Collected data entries
────────────────────
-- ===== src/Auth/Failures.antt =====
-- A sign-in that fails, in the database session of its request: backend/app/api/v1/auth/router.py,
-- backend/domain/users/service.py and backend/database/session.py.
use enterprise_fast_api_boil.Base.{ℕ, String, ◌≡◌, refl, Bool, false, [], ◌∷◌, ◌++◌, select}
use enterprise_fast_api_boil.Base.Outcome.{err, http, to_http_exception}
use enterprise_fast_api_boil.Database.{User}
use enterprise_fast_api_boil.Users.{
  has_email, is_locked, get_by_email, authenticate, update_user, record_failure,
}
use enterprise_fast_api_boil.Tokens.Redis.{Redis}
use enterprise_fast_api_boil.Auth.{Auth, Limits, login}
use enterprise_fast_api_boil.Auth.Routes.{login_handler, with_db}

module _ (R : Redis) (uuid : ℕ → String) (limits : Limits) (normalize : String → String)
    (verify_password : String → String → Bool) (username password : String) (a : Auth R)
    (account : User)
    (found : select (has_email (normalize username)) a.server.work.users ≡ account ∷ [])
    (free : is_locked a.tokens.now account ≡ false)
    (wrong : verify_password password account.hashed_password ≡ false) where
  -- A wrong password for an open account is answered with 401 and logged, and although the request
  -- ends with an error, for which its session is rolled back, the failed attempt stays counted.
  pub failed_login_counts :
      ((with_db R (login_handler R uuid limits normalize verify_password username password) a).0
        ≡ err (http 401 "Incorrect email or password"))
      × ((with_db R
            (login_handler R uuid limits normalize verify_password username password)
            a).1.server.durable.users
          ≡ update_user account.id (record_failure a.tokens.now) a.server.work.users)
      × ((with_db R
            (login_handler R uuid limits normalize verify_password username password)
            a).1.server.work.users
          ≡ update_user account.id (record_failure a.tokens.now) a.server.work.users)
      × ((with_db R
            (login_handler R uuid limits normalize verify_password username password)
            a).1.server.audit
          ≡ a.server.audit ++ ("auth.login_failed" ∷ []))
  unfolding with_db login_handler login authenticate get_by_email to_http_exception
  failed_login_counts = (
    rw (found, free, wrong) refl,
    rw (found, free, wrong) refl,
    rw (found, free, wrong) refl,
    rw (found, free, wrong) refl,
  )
────────────────────
[TASK TO CARRY OUT]: Send back exactly the lines from the line with "a).1.server.work.users" through the end of the records.

[ANSWER TO THE PROBLEM]:
            a).1.server.work.users
          ≡ update_user account.id (record_failure a.tokens.now) a.server.work.users)
      × ((with_db R
            (login_handler R uuid limits normalize verify_password username password)
            a).1.server.audit
          ≡ a.server.audit ++ ("auth.login_failed" ∷ []))
  unfolding with_db login_handler login authenticate get_by_email to_http_exception
  failed_login_counts = (
    rw (found, free, wrong) refl,
    rw (found, free, wrong) refl,
    rw (found, free, wrong) refl,
    rw (found, free, wrong) refl,
  )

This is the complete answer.